* **What is being asked**: What is the number of lines in the data that include the string "RuntimeEvent"? Give it by itself.

BEGIN

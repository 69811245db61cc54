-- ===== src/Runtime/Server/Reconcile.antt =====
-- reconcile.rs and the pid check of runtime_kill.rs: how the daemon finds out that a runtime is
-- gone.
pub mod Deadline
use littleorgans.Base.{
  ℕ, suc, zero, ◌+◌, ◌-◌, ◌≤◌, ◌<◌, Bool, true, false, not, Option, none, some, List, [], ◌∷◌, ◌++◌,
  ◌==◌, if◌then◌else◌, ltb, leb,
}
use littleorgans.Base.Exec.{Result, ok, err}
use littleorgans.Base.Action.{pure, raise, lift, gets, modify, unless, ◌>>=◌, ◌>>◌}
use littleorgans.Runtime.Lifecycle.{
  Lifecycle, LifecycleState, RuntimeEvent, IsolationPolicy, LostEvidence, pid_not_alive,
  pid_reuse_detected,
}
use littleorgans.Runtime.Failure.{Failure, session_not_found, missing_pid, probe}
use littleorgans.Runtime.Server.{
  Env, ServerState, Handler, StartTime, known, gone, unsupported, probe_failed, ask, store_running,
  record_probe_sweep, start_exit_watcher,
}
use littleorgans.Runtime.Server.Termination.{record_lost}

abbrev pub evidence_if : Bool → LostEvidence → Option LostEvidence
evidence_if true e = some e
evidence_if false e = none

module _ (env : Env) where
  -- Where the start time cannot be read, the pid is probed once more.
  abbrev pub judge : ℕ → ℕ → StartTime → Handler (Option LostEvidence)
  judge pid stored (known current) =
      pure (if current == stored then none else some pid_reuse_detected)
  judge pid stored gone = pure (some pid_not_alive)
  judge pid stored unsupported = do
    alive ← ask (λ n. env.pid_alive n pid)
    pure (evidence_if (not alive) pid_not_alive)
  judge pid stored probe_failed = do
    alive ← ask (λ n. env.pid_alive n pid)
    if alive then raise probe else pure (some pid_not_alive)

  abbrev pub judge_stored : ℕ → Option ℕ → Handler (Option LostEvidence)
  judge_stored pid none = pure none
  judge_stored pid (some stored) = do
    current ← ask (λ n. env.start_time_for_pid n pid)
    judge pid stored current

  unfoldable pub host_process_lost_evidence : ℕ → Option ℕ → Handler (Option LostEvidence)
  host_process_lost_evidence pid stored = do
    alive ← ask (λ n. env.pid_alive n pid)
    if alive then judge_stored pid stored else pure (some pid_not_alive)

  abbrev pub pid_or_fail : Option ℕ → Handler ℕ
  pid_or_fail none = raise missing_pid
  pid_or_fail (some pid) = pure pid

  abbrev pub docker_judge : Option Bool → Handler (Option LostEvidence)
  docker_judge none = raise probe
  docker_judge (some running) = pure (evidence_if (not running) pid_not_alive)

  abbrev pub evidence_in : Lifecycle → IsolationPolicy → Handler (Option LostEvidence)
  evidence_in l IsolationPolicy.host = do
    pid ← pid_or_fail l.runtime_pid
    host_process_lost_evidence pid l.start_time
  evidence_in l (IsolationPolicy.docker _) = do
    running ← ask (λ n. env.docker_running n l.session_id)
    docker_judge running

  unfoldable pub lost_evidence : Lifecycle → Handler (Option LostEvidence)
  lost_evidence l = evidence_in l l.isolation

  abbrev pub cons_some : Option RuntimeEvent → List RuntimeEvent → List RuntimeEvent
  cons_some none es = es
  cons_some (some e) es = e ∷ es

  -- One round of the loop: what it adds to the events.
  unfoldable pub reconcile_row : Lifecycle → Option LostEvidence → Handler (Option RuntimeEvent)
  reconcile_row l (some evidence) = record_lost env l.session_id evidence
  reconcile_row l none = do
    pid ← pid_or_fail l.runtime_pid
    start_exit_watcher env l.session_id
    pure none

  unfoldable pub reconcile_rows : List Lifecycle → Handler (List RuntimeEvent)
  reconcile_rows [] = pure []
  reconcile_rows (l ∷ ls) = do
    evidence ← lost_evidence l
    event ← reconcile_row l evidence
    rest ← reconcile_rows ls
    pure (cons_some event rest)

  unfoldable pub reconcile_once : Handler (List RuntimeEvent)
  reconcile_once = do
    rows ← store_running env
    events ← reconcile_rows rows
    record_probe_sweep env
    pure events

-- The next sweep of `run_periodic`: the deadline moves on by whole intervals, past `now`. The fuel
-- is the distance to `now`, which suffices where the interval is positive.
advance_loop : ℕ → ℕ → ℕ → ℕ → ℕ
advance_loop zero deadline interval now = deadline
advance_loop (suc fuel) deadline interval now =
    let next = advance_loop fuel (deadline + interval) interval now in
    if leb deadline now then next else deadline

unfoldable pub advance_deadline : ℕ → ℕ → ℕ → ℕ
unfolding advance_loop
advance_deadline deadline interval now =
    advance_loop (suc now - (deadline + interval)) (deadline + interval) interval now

END

* **Result of this task**: 5